BAR HARBOR -- Genetic research conducted at The Jackson Laboratory has identified a protein in mice that may play a fundamental role in the critical process of "wiring" the central nervous system during vertebrate embryonic development.

The abnormalities observed in mouse models bred at the Laboratory with mutations in the rcm (rostral cerebellar malformation) gene involve significant disruption of neuronal migration during development of the brain. Such genetic mutations in human brain development are known to result in disorders including epilepsy and severe mental retardation.

The study -- led by Susan L. Ackerman, Research Scientist at The Jackson Laboratory -- is reported in the April 24 issue of the journal Nature under the title, "The Mouse Rostral Cerebellar Malformation Gene Encodes an UNC-5 like Protein." Co-authors are Leslie P. Kozak, Stefan A. Przyborski, and Barbara B. Knowles, all of The Jackson Laboratory; and Laurie A. Rund, University of Illinois, Urbana, and Bert B. Boyer, University of Alaska, Fairbanks, both formerly of the Laboratory.

"This will have an impact on our understanding of how the human brain develops," says Dr. Ackerman. "This mouse mutant is unique in that it has cerebellar neurons in a completely different region of the brain. Our results support a fundamental role for the rcm protein in critical migratory events during cerebellar development."

Research in mice and other animals has shed light on the complex process of central nervous system development. Billions of neurons from "nurseries" deep within the brain are born and differentiated at specific times and migrate to precise locations in the central nervous system, where they are wired into the intricate circuit that assures the proper functioning of the brain.

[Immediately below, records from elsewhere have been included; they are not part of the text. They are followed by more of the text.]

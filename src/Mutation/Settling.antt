-- ===== src/Mutation/Settling.antt =====
-- How a mutation ends: its entry, its scope and, after a failure, the client.
use mathlib.Core.Option
use mathlib.Core.Option.{some-injective}
use rs_query.Base.{
  ℕ, ◌≡◌, refl, sym, ◌∙◌, Bool, true, false, ◌⊎◌, inl, inr, Option, none, some, Text, Option-cases,
}
use rs_query.State.{QueryError, MutationStatus}
use rs_query.Client.Core.{Tables, Client}
use rs_query.MutationCache
use rs_query.MutationCache.{MutationCacheEntry, MutationCache, can_run, run_next, subscribe_scope}
use rs_query.Mutation.Core.{
  Scene, Mutation, MutateOptions, MutationCacheConfig, World, Surroundings, scope_gate, fire,
}
use rs_query.Mutation.Running.{after_gate, execute_mutation_full, pending_entry}
use rs_query.Mutation.Attempts.{succeeded}

-- What an entry says of the result of its mutation.
abbrev pub error_part : {T : Type 0} → T ⊎ QueryError → Option QueryError
error_part (inl v) = none
error_part (inr e) = some e

abbrev pub status_of : {T : Type 0} → T ⊎ QueryError → MutationStatus
status_of (inl v) = MutationStatus.success
status_of (inr e) = MutationStatus.error

pub record Tells {T : Type 0} (result : T ⊎ QueryError) (e : MutationCacheEntry) : Type 0 where
  pub status : e.status ≡ status_of result
  pub has_result : e.has_result ≡ succeeded result
  pub error_told : e.error_of ≡ error_part result
  pub not_paused : e.is_paused ≡ false

-- The scope is free, if there is one.
abbrev pub is_free : Option Text → MutationCache → Bool
is_free none cache = true
is_free (some k) cache = can_run k cache

-- The entry, if it is still in the cache, tells the result, and the scope is free.
pub record IsSettled {T : Type 0} (id : ℕ) (scope : Option Text) (result : T ⊎ QueryError)
    (cache : MutationCache) : Type 0 where
  pub tells : (e : MutationCacheEntry) → MutationCache.get id cache ≡ some e → Tells result e
  pub free : is_free scope cache ≡ true

absurd_none : {A B : Type 0} {a : A} → none ≡ some a → B
absurd_none h = cc

module _ {V : Type 0} {M : Tables V} {T P W : Type 0} (config : MutationCacheConfig (Scene M W))
    (around : Surroundings M W) (m : Mutation M T P W) (params : P)
    (per_call : Option (MutateOptions T P (Scene M W))) where
  -- The mutation as it is when it comes to the gate.
  abbrev pub submitted : ℕ → World M W → World M W × ℕ
  submitted now s =
      let (cache, id) = MutationCache.add (pending_entry now m) s.cache in
      let w = fire config.on_mutate id cache (s.client, s.program) in
      (record { client = w.0; cache = cache; program = w.1 }, id)

  -- An execution that returns is past the gate.
  pub passed :
      (polls now : ℕ) (s : World M W) (r : World M W × (T ⊎ QueryError))
      → execute_mutation_full config around polls now m params per_call s ≡ some r
      → (s1 : World M W) × (scope_gate around polls m.scope (submitted now s).1 (submitted now s).0
          ≡ some s1)
        × (after_gate config around m params (submitted now s).1 per_call s1 ≡ r)
  unfolding execute_mutation_full
  passed polls now s r h =
      elim (Option-cases
        (scope_gate around polls m.scope (submitted now s).1 (submitted now s).0)) [
          | inl e ↦ absurd_none (sym (rw (e, execute_mutation_full) refl) ∙ h)
          | inr (s1, e) ↦ (s1, e, some-injective _ r (sym (rw (e, execute_mutation_full) refl) ∙ h))
        ]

But sometimes the migratory process goes astray, with neurons failing to reach the proper destinations and instead forming jumbled-up concentrations in other regions of the brain. In humans, this can result in conditions such as lissencephaly, or "smooth brain," in which the cerebral cortex lacks the normal surface texture. Lissencephalic children seldom survive, suffering severe mental retardation and seizures from birth.

The scientists report in Nature that the rcm mouse exhibits a dramatic reduction in cerebellar size and in cerebellar folding; that ectopic cerebellar cells are present in midbrain regions by three days after birth; and that postnatal cerebellar neuronal migration abnormalities are present. The mouse is also ataxic, or stumbling, in its gait.

The rcm gene is a member of a newly described family of vertebrate homologues of unc-5 (uncoordinated), a protein that has been found to be essential for normal cell migration during the development of the worm, C. elegans, which suggests an evolutionary conservation of gene function between invertebrates and mammals.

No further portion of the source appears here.